Activity
Search the records for the word "String". Copy every line where it appears.

Dataset
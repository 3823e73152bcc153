-- ===== src/ConfigFlow/Apart/Reachable.antt =====
-- The config entries that the forms of config_flow.py can bring about, one step after the other.
use staykey_ha_plugin.Prelude.{
  ℕ, ◌≤◌, String, Bool, true, none, refl, ◌==◌, if◌then◌else◌, ◌≡◌, ◌≢◌, subst, sym, Option, some,
  List, [], ◌∷◌, ◌++◌, arith,
}
use staykey_ha_plugin.Python.Value.{Fields}
use staykey_ha_plugin.Gateway.Auth.{Outcome}
use staykey_ha_plugin.ConfigFlow.Entries.{ConfigEntry, current_token, owns}
use staykey_ha_plugin.ConfigFlow.{step_init}
use staykey_ha_plugin.ConfigFlow.Changes.{tally, owners, has_id, Saved, SavedOptions}
use staykey_ha_plugin.ConfigFlow.Tallies.{tally-append}
use staykey_ha_plugin.ConfigFlow.Apart.{AreApart}
use staykey_ha_plugin.ConfigFlow.Apart.Options.{IsTyped, step_init-AreApart}
use staykey_ha_plugin.ConfigFlow.Apart.Checked.{user_result, step_user-AreApart}
use staykey_ha_plugin.ConfigFlow.Apart.Reauth.{reauth_result, step_reauth_confirm-AreApart}

-- A form that is sent, or an entry that is deleted. Home Assistant's test of a unique ID (`stops`) and
-- the gateway (`answer`) may say anything.
pub data Step (before after : List ConfigEntry) : Type 0 where
  set_up :
      (stops : String → Option String) (answer : String → String → Outcome) (input : Option Fields)
      → Saved (user_result before stops answer input) before after
      → Step before after
  reconfigure :
      (entry : ConfigEntry) (input : Fields)
      → IsTyped input
      → SavedOptions entry
          (step_init before entry (some input)).0
          (step_init before entry (some input)).1
          before
          after
      → Step before after
  reauthenticate :
      (stops : String → Option String) (answer : String → String → Outcome) (entry : ConfigEntry)
      (input : Option Fields)
      → Saved (reauth_result before stops answer entry input) before after
      → Step before after
  delete :
      (front : List ConfigEntry) (entry : ConfigEntry) (rest : List ConfigEntry)
      → before ≡ front ++ entry ∷ rest
      → after ≡ front ++ rest
      → Step before after

pub data Reach : List ConfigEntry → Type 0 where
  start : Reach []
  next : {es fs : List ConfigEntry} → Reach es → Step es fs → Reach fs

tally-delete :
    (p : ConfigEntry → Bool) (front : List ConfigEntry) (entry : ConfigEntry)
    (rest : List ConfigEntry)
    → tally p (front ++ rest) ≤ tally p (front ++ entry ∷ rest)
tally-delete p front entry rest =
    omega (arith, tally-append p front rest, tally-append p front (entry ∷ rest))

Step-AreApart : {es fs : List ConfigEntry} → Step es fs → AreApart es → AreApart fs
Step-AreApart {es} {fs} (set_up stops answer input saved) a =
    step_user-AreApart es fs stops answer input saved a
Step-AreApart {es} {fs} (reconfigure entry input typed saved) a =
    step_init-AreApart entry input es fs typed saved a
Step-AreApart {es} {fs} (reauthenticate stops answer entry input saved) a =
    step_reauth_confirm-AreApart es fs stops answer entry input saved a
Step-AreApart {es} {fs} (delete front entry rest was is) a =
    let b : AreApart (front ++ entry ∷ rest) = subst AreApart was a in
    subst AreApart (sym is) (record {
      apart = λ token filled.
          omega (arith, tally-delete (owns token) front entry rest, b.apart token filled);
      keyed = λ id. omega (arith, tally-delete (has_id id) front entry rest, b.keyed id);
    })

Reach-AreApart : {es : List ConfigEntry} → Reach es → AreApart es
Reach-AreApart start = record { apart = λ token filled. omega arith; keyed = λ id. omega arith }
Reach-AreApart (next r step) = Step-AreApart step (Reach-AreApart r)

-- Whether an entry runs on a token or is known by it, and how many do, in words of their own.
abbrev pub is_user : String → ConfigEntry → Bool
is_user token entry = elim entry.unique_id [
  | none ↦ current_token entry == token
  | some id ↦ if id == token then true else current_token entry == token
]

abbrev pub users : String → List ConfigEntry → ℕ
users token = tally (is_user token)

is_user-owns : (token : String) (entry : ConfigEntry) → is_user token entry ≡ owns token entry
unfolding owns
is_user-owns token entry = ground arith

users-owners : (token : String) (es : List ConfigEntry) → users token es ≡ owners token es
users-owners token [] = refl
users-owners token (e ∷ es) = ground (arith, is_user-owns token e, users-owners token es)

-- Whatever forms are sent, one after the other, and whatever the gateway answers, no token is used by
-- two config entries, be it the token that an entry runs on or the unique ID that it is known by.
pub Reach-users_le :
    {es : List ConfigEntry} → Reach es → (token : String) → token ≢ "" → users token es ≤ 1
Reach-users_le {es} r token filled =
    omega (arith, users-owners token es, (Reach-AreApart r).apart token filled)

Answer space
  ℕ, ◌≤◌, String, Bool, true, none, refl, ◌==◌, if◌then◌else◌, ◌≡◌, ◌≢◌, subst, sym, Option, some,
      (stops : String → Option String) (answer : String → String → Outcome) (input : Option Fields)
      (stops : String → Option String) (answer : String → String → Outcome) (entry : ConfigEntry)
abbrev pub is_user : String → ConfigEntry → Bool
abbrev pub users : String → List ConfigEntry → ℕ
is_user-owns : (token : String) (entry : ConfigEntry) → is_user token entry ≡ owns token entry
users-owners : (token : String) (es : List ConfigEntry) → users token es ≡ owners token es
    {es : List ConfigEntry} → Reach es → (token : String) → token ≢ "" → users token es ≤ 1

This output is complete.